Then you may want to produce a lesser code. That's fine. You understand that
it's not because it takes less time to produce a code that it is any better.
Young wines are lesser than old ones, yet you may decide to drink young wines
instead.

> The first program is slightly longer, but easily extended to do Y as well as
> X.

Thanks for this. So here the trick is that you can count X and Y as things
that the program does. It's exactly like in accountability. Note that this
trick is more powerful that it sounds at first because it gives actually a
guidance to when you're over engineering and when you are not. Over
engineering is then when you write a longer code than it should for the reason
that X is something the program does when it's not. Like in accountability,
you can sometimes extrapolate a little bit the results but not stretch them to
far.

> suppose the same program to do X can be written in two different languages,
> but programmers who know language 1 are easier to find and cost less to
> employ than those who know language 2

Then, again, you may want to produce lesser code - which is none of anyone
business. It is up to you to judge what is more profitable: produce a lesser
code or buy more expensive programmers - in practice, this is misjudged
tremendously by many.

------
maxander
I think your conclusion might be vacuous, or at least oversimplified.

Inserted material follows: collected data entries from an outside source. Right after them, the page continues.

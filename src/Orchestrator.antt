-- ===== src/Orchestrator.antt =====
-- internal/controlplane/orchestrator/orchestrator.go: the assignment to a Fastlet, and one create call of it
-- with the reservation and the feedback in this replica's registry.
--
-- The Fastlet's answer enters as a value, and what others do to the registry meanwhile as a function.
pub mod Kept
pub mod InFlight
use fast_sandbox.Base.{
  ℕ, ◌+◌, Bool, true, false, not, ◌&&◌, ◌||◌, Option, none, some, List, [], ◌∷◌, String, lookup,
  ◌==◌, text_equality, int_equality, if◌then◌else◌, ltb, ℤ,
}
use fast_sandbox.Placement.Quantity.{Quantities}
use fast_sandbox.Placement.Types.{
  Demand, FastletInfo, Registry, AdmissionStatus, SandboxStatus, ResourceStatus,
}
use fast_sandbox.Placement.Reserve.{reserve_local, release_local}
use fast_sandbox.Placement.Feedback.{
  ErrorCode, capacity_rejected, other_code, no_error, LocalFeedback, record_feedback,
}
use fast_sandbox.Assignment.{AssignmentEnvelope, valid_envelope}

pub data CreateDisposition : Type 0 where
  created existing in_progress rejected_before_side_effects failed_needs_cleanup unknown_outcome
        generation_fenced :
      CreateDisposition

-- An error of a create: no Fastlet was called since none has room in this replica's view, one answered
-- with an error, or another.
pub data CreateError : Type 0 where
  local_conflict other_error : CreateError
  fastlet_error : ErrorCode → CreateDisposition → CreateError

abbrev pub is_before_side_effects : CreateDisposition → Bool
is_before_side_effects rejected_before_side_effects = true
is_before_side_effects _ = false

abbrev pub is_candidate_code : ErrorCode → Bool
is_candidate_code no_error = false
is_candidate_code (other_code code) = code == "ProfileMismatch"
is_candidate_code _ = true

-- `IsCandidateRejection`
unfoldable pub is_candidate_rejection : CreateError → Bool
is_candidate_rejection local_conflict = false
is_candidate_rejection other_error = false
is_candidate_rejection (fastlet_error code disposition) =
    is_before_side_effects disposition && is_candidate_code code

abbrev pub is_local_conflict : CreateError → Bool
is_local_conflict local_conflict = true
is_local_conflict _ = false

-- What `CreateRuntimeOnCandidateWithCompletion` returns: the Sandbox as the Fastlet sees it, neither that
-- nor an error, or an error.
pub data CreateAnswer : Type 0 where
  observed no_observation : CreateAnswer
  call_failed : CreateError → CreateAnswer

module _ {Q : Type 0} where
  abbrev pub candidate_envelope : FastletInfo Q → ℤ → ℤ → ℤ → String → AssignmentEnvelope
  candidate_envelope c attempt instance_generation route_generation runtime_instance_id = record {
    version = "v1";
    fastlet_name = c.pod_name;
    fastlet_pod_uid = c.pod_uid;
    node_name = c.node_name;
    attempt = attempt;
    instance_generation = instance_generation;
    route_generation = route_generation;
    runtime_instance_id = runtime_instance_id;
    runtime_profile_hash = c.runtime_profile_hash;
    resource_profile_hash = c.resource_profile_hash;
    infra_revision = c.infra_revision;
  }

  -- `AssignmentForCandidate`, none for an error.
  unfoldable pub assignment_for_candidate :
      FastletInfo Q → ℤ → ℤ → ℤ → String → Option AssignmentEnvelope
  unfolding valid_envelope
  assignment_for_candidate c attempt instance_generation route_generation runtime_instance_id =
      let e =
        candidate_envelope c attempt instance_generation route_generation runtime_instance_id in
      if valid_envelope e && not (c.pod_ip == "") && not (c.infra_revision == "")
      then some e
      else none

abbrev pub no_ledger : LocalFeedback
no_ledger = record {
  pod_uid = "";
  base_resource_epoch = "";
  base_resource_revision = 0;
  code = no_error;
  admission = none;
  sandbox = none;
  observed_at = 0;
  retry_after = 0;
}

-- The response of a create, as far as it is read: `is_live` is that the runtime of its Sandbox is ready or
-- being created.
pub record CreateReply : Type 0 where
  pub disposition : CreateDisposition
  pub sandbox : Option SandboxStatus
  pub is_live : Bool
  pub admission : AdmissionStatus

-- What the call returns; an error that holds no error of a Fastlet is `other_error`.
pub record CallResult : Type 0 where
  pub reply : Option CreateReply
  pub error : Option CreateError

abbrev pub is_accepted : CreateDisposition → Bool
is_accepted created = true
is_accepted existing = true
is_accepted _ = false

abbrev pub is_some : Option SandboxStatus → Bool
is_some none = false
is_some (some _) = true

abbrev pub is_success : CallResult → Bool
is_success x = elim x.error [
  | some _ ↦ false
  | none ↦ elim x.reply [
    | none ↦ false
    | some r ↦ is_accepted r.disposition && is_some r.sandbox && r.is_live
  ]
]

-- The error of a call that is no success: one that is no Fastlet's leaves the outcome unknown.
abbrev pub error_of : CallResult → CreateError
error_of x = elim x.error [ none ↦ other_error | some e ↦ e ]

-- `compileActionBindings` without an error, by the sizes of the inputs.
unfoldable pub inputs_fit : ℕ → List ℕ → Bool
inputs_fit total [] = true
inputs_fit total (size ∷ rest) =
    not (ltb 65536 size || ltb 262144 (total + size)) && inputs_fit (total + size) rest

module _ (q : Quantities) where
  open q use {Quantity}

  abbrev pub Info : Type 0
  Info = FastletInfo Quantity

  abbrev pub is_other_status : Option SandboxStatus → ℤ → ℤ → Bool
  is_other_status none instance_generation attempt = true
  is_other_status (some s) instance_generation attempt =
      not (s.instance_generation == instance_generation) || not (s.assignment_attempt == attempt)

  -- `createNeedsLocalReservation`; `is_running` is that the Sandbox's status says so, or that it is created.
  unfoldable pub create_needs_local_reservation : Bool → String → AssignmentEnvelope → Info → Bool
  create_needs_local_reservation is_running uid a c =
      not is_running
      && is_other_status (lookup uid c.sandbox_statuses) a.instance_generation a.attempt

  abbrev pub based_on : Option ResourceStatus → String → LocalFeedback
  based_on none pod_uid = record no_ledger { pod_uid = pod_uid }
  based_on (some r) pod_uid = record no_ledger {
    pod_uid = pod_uid;
    base_resource_epoch = r.epoch;
    base_resource_revision = r.revision;
  }

  -- `localFeedbackForFastlet`
  abbrev pub local_feedback : Info → LocalFeedback
  local_feedback c = based_on c.admission.resources c.pod_uid

  abbrev pub with_reply : Option CreateReply → LocalFeedback → LocalFeedback
  with_reply none f = f
  with_reply (some r) f = record f { admission = some r.admission; sandbox = r.sandbox }

  -- `recordAdmissionSnapshot`; `now` is this replica's clock.
  abbrev pub admission_snapshot :
      ℕ → Info → Option CreateReply → Registry Quantity → Registry Quantity
  admission_snapshot now c none r = r
  admission_snapshot now c (some reply) r =
      record_feedback q now c.id
        (with_reply (some reply) (record (local_feedback c) { observed_at = now })) r

  -- `recordFeedback`
  abbrev pub failure_feedback :
      ℕ → Info → Option CreateReply → CreateError → Registry Quantity → Registry Quantity
  failure_feedback now c reply (fastlet_error code disposition) r =
      record_feedback q now c.id
        (with_reply reply (record (local_feedback c) { code = code; observed_at = now })) r
  failure_feedback now c reply local_conflict r = r
  failure_feedback now c reply other_error r = r

  -- What follows the Fastlet's answer.
  abbrev pub conclude : ℕ → Info → CallResult → Registry Quantity → CreateAnswer × Registry Quantity
  conclude now c x r =
      if is_success x
      then (observed, admission_snapshot now c x.reply r)
      else (call_failed (error_of x), failure_feedback now c x.reply (error_of x) r)

  abbrev pub call_target :
      ℕ
      → Info
      → List ℕ
      → CallResult
      → (Registry Quantity → Registry Quantity)
      → Registry Quantity
      → CreateAnswer × Registry Quantity
  call_target now c inputs x others r =
      if inputs_fit 0 inputs then conclude now c x (others r) else (call_failed other_error, r)

  abbrev pub refusal : Bool → CreateError
  refusal declarative =
      if declarative
      then fastlet_error capacity_rejected rejected_before_side_effects
      else local_conflict

  abbrev pub released :
      Info → Demand Quantity → CreateAnswer × Registry Quantity → CreateAnswer × Registry Quantity
  released c d (answer, r) = (answer, release_local q c.id d r)

  abbrev pub call_reserved :
      Bool
      → ℕ
      → Info
      → Demand Quantity
      → List ℕ
      → CallResult
      → (Registry Quantity → Registry Quantity)
      → Registry Quantity × Bool
      → CreateAnswer × Registry Quantity
  call_reserved declarative now c d inputs x others (r, false) =
      (call_failed (refusal declarative), r)
  call_reserved declarative now c d inputs x others (r, true) =
      released c d (call_target now c inputs x others r)

  -- `createRuntimeOnTarget`; `needs` is `createNeedsLocalReservation`.
  unfoldable pub create_on_target :
      Bool
      → Bool
      → ℕ
      → Info
      → Demand Quantity
      → List ℕ
      → CallResult
      → (Registry Quantity → Registry Quantity)
      → Registry Quantity
      → CreateAnswer × Registry Quantity
  unfolding reserve_local release_local record_feedback inputs_fit
  create_on_target declarative needs now c d inputs x others r =
      if needs
      then call_reserved declarative now c d inputs x others (reserve_local q c.id d r)
      else call_target now c inputs x others r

What is
"value"? If we don't assume that it takes a programmer a set amount of time to
write any line of code (and I know it takes me much longer to do linear
algebra in Haskell than bung out a bunch of arithmetic in Python), any manager
would be just as happy with B. B might even be more maintainable- it might be
so long because its done in Knuthian-style literate programming, say- or have
other virtues above A, increasing its "value," by most peoples' estimation.

What in particular do you mean when you say A is "greater"?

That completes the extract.